Provided material

-- Opening Marker --

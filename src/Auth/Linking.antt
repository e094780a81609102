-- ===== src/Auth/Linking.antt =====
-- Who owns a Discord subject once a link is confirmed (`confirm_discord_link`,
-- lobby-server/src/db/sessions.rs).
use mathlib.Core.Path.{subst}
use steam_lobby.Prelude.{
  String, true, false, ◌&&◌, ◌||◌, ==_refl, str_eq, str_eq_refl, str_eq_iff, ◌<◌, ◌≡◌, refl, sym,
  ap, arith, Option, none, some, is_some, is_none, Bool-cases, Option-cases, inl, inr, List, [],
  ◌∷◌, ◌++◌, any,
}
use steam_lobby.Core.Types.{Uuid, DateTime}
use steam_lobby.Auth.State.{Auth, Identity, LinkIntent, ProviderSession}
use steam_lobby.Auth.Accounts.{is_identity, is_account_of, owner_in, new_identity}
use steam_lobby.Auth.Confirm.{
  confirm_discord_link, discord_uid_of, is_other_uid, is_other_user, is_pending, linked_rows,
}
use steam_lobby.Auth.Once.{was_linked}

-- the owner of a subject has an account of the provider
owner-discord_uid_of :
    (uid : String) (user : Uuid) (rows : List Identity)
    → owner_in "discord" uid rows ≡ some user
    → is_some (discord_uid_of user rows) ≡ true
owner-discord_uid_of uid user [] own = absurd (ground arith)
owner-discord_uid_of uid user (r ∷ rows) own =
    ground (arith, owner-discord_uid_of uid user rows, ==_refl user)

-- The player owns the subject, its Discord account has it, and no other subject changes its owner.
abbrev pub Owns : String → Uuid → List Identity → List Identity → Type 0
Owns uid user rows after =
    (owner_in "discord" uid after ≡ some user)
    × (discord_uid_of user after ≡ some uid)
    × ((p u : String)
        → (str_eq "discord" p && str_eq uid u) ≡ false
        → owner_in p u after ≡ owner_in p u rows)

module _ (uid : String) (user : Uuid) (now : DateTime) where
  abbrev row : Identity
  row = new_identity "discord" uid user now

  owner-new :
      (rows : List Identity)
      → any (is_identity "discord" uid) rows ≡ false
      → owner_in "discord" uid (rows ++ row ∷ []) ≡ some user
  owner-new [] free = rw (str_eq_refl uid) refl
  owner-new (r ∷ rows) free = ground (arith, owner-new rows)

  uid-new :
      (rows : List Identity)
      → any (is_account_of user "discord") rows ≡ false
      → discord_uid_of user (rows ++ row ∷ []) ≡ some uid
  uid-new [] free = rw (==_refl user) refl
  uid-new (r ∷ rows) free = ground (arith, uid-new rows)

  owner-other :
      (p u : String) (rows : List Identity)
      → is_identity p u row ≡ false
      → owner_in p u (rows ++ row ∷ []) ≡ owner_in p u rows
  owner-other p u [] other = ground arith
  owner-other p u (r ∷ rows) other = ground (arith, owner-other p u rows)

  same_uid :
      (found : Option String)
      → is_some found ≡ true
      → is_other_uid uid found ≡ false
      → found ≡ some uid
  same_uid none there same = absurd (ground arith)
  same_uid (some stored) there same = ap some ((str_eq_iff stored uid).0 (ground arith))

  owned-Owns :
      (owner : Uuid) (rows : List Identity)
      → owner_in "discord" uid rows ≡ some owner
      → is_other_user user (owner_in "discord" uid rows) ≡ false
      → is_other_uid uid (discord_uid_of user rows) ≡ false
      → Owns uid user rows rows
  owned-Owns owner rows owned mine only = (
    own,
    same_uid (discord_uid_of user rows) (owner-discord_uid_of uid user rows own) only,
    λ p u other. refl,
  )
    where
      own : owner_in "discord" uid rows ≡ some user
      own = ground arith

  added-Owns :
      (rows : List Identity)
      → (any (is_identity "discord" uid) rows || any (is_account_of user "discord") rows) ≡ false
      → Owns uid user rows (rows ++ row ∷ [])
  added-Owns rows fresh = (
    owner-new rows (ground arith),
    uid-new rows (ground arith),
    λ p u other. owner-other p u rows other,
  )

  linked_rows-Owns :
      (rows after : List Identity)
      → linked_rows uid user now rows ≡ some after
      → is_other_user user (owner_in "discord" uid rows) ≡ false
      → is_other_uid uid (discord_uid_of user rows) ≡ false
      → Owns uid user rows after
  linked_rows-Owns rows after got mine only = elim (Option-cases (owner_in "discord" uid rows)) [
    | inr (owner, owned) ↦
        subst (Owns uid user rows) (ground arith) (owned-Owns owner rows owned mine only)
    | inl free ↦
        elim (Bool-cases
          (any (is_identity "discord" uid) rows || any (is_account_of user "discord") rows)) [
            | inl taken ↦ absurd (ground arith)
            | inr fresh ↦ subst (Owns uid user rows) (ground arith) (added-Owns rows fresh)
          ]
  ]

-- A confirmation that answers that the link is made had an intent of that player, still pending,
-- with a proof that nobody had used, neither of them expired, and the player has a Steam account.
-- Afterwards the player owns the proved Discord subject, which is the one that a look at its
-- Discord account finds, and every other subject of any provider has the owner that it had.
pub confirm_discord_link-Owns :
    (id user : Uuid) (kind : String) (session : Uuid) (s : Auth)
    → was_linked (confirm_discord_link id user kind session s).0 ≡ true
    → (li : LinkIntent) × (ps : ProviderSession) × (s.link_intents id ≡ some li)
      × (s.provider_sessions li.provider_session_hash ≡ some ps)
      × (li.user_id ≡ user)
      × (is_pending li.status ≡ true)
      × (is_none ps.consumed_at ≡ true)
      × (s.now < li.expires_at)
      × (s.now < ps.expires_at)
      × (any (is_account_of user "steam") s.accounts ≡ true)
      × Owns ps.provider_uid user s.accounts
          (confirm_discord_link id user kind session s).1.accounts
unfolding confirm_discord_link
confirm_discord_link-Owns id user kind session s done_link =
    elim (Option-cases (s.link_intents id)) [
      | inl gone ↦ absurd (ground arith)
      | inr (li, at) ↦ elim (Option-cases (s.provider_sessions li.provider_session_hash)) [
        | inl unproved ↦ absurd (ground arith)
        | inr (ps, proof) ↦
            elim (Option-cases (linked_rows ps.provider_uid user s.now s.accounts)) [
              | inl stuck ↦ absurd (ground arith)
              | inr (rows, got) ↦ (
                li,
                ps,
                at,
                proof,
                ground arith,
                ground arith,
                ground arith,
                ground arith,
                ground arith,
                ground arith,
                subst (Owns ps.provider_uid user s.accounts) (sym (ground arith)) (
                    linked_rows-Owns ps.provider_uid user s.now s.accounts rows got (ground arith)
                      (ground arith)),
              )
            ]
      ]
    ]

-- Closing Marker --

Task description
With nothing left out, output the whole listing exactly.

Exercise solution
filename src/Auth/Linking.antt
repository e094780a81609102
-- ===== src/Auth/Linking.antt =====
-- Who owns a Discord subject once a link is confirmed (`confirm_discord_link`,
-- lobby-server/src/db/sessions.rs).
use mathlib.Core.Path.{subst}
use steam_lobby.Prelude.{
  String, true, false, ◌&&◌, ◌||◌, ==_refl, str_eq, str_eq_refl, str_eq_iff, ◌<◌, ◌≡◌, refl, sym,
  ap, arith, Option, none, some, is_some, is_none, Bool-cases, Option-cases, inl, inr, List, [],
  ◌∷◌, ◌++◌, any,
}
use steam_lobby.Core.Types.{Uuid, DateTime}
use steam_lobby.Auth.State.{Auth, Identity, LinkIntent, ProviderSession}
use steam_lobby.Auth.Accounts.{is_identity, is_account_of, owner_in, new_identity}
use steam_lobby.Auth.Confirm.{
  confirm_discord_link, discord_uid_of, is_other_uid, is_other_user, is_pending, linked_rows,
}
use steam_lobby.Auth.Once.{was_linked}

-- the owner of a subject has an account of the provider
owner-discord_uid_of :
    (uid : String) (user : Uuid) (rows : List Identity)
    → owner_in "discord" uid rows ≡ some user
    → is_some (discord_uid_of user rows) ≡ true
owner-discord_uid_of uid user [] own = absurd (ground arith)
owner-discord_uid_of uid user (r ∷ rows) own =
    ground (arith, owner-discord_uid_of uid user rows, ==_refl user)

-- The player owns the subject, its Discord account has it, and no other subject changes its owner.
abbrev pub Owns : String → Uuid → List Identity → List Identity → Type 0
Owns uid user rows after =
    (owner_in "discord" uid after ≡ some user)
    × (discord_uid_of user after ≡ some uid)
    × ((p u : String)
        → (str_eq "discord" p && str_eq uid u) ≡ false
        → owner_in p u after ≡ owner_in p u rows)

module _ (uid : String) (user : Uuid) (now : DateTime) where
  abbrev row : Identity
  row = new_identity "discord" uid user now

  owner-new :
      (rows : List Identity)
      → any (is_identity "discord" uid) rows ≡ false
      → owner_in "discord" uid (rows ++ row ∷ []) ≡ some user
  owner-new [] free = rw (str_eq_refl uid) refl
  owner-new (r ∷ rows) free = ground (arith, owner-new rows)

  uid-new :
      (rows : List Identity)
      → any (is_account_of user "discord") rows ≡ false
      → discord_uid_of user (rows ++ row ∷ []) ≡ some uid
  uid-new [] free = rw (==_refl user) refl
  uid-new (r ∷ rows) free = ground (arith, uid-new rows)

  owner-other :
      (p u : String) (rows : List Identity)
      → is_identity p u row ≡ false
      → owner_in p u (rows ++ row ∷ []) ≡ owner_in p u rows
  owner-other p u [] other = ground arith
  owner-other p u (r ∷ rows) other = ground (arith, owner-other p u rows)

  same_uid :
      (found : Option String)
      → is_some found ≡ true
      → is_other_uid uid found ≡ false
      → found ≡ some uid
  same_uid none there same = absurd (ground arith)
  same_uid (some stored) there same = ap some ((str_eq_iff stored uid).0 (ground arith))

  owned-Owns :
      (owner : Uuid) (rows : List Identity)
      → owner_in "discord" uid rows ≡ some owner
      → is_other_user user (owner_in "discord" uid rows) ≡ false
      → is_other_uid uid (discord_uid_of user rows) ≡ false
      → Owns uid user rows rows
  owned-Owns owner rows owned mine only = (
    own,
    same_uid (discord_uid_of user rows) (owner-discord_uid_of uid user rows own) only,
    λ p u other. refl,
  )
    where
      own : owner_in "discord" uid rows ≡ some user
      own = ground arith

  added-Owns :
      (rows : List Identity)
      → (any (is_identity "discord" uid) rows || any (is_account_of user "discord") rows) ≡ false
      → Owns uid user rows (rows ++ row ∷ [])
  added-Owns rows fresh = (
    owner-new rows (ground arith),
    uid-new rows (ground arith),
    λ p u other. owner-other p u rows other,
  )

  linked_rows-Owns :
      (rows after : List Identity)
      → linked_rows uid user now rows ≡ some after
      → is_other_user user (owner_in "discord" uid rows) ≡ false
      → is_other_uid uid (discord_uid_of user rows) ≡ false
      → Owns uid user rows after
  linked_rows-Owns rows after got mine only = elim (Option-cases (owner_in "discord" uid rows)) [
    | inr (owner, owned) ↦
        subst (Owns uid user rows) (ground arith) (owned-Owns owner rows owned mine only)
    | inl free ↦
        elim (Bool-cases
          (any (is_identity "discord" uid) rows || any (is_account_of user "discord") rows)) [
            | inl taken ↦ absurd (ground arith)
            | inr fresh ↦ subst (Owns uid user rows) (ground arith) (added-Owns rows fresh)
          ]
  ]

-- A confirmation that answers that the link is made had an intent of that player, still pending,
-- with a proof that nobody had used, neither of them expired, and the player has a Steam account.
-- Afterwards the player owns the proved Discord subject, which is the one that a look at its
-- Discord account finds, and every other subject of any provider has the owner that it had.
pub confirm_discord_link-Owns :
    (id user : Uuid) (kind : String) (session : Uuid) (s : Auth)
    → was_linked (confirm_discord_link id user kind session s).0 ≡ true
    → (li : LinkIntent) × (ps : ProviderSession) × (s.link_intents id ≡ some li)
      × (s.provider_sessions li.provider_session_hash ≡ some ps)
      × (li.user_id ≡ user)
      × (is_pending li.status ≡ true)
      × (is_none ps.consumed_at ≡ true)
      × (s.now < li.expires_at)
      × (s.now < ps.expires_at)
      × (any (is_account_of user "steam") s.accounts ≡ true)
      × Owns ps.provider_uid user s.accounts
          (confirm_discord_link id user kind session s).1.accounts
unfolding confirm_discord_link
confirm_discord_link-Owns id user kind session s done_link =
    elim (Option-cases (s.link_intents id)) [
      | inl gone ↦ absurd (ground arith)
      | inr (li, at) ↦ elim (Option-cases (s.provider_sessions li.provider_session_hash)) [
        | inl unproved ↦ absurd (ground arith)
        | inr (ps, proof) ↦
            elim (Option-cases (linked_rows ps.provider_uid user s.now s.accounts)) [
              | inl stuck ↦ absurd (ground arith)
              | inr (rows, got) ↦ (
                li,
                ps,
                at,
                proof,
                ground arith,
                ground arith,
                ground arith,
                ground arith,
                ground arith,
                ground arith,
                subst (Owns ps.provider_uid user s.accounts) (sym (ground arith)) (
                    linked_rows-Owns ps.provider_uid user s.now s.accounts rows got (ground arith)
                      (ground arith)),
              )
            ]
      ]
    ]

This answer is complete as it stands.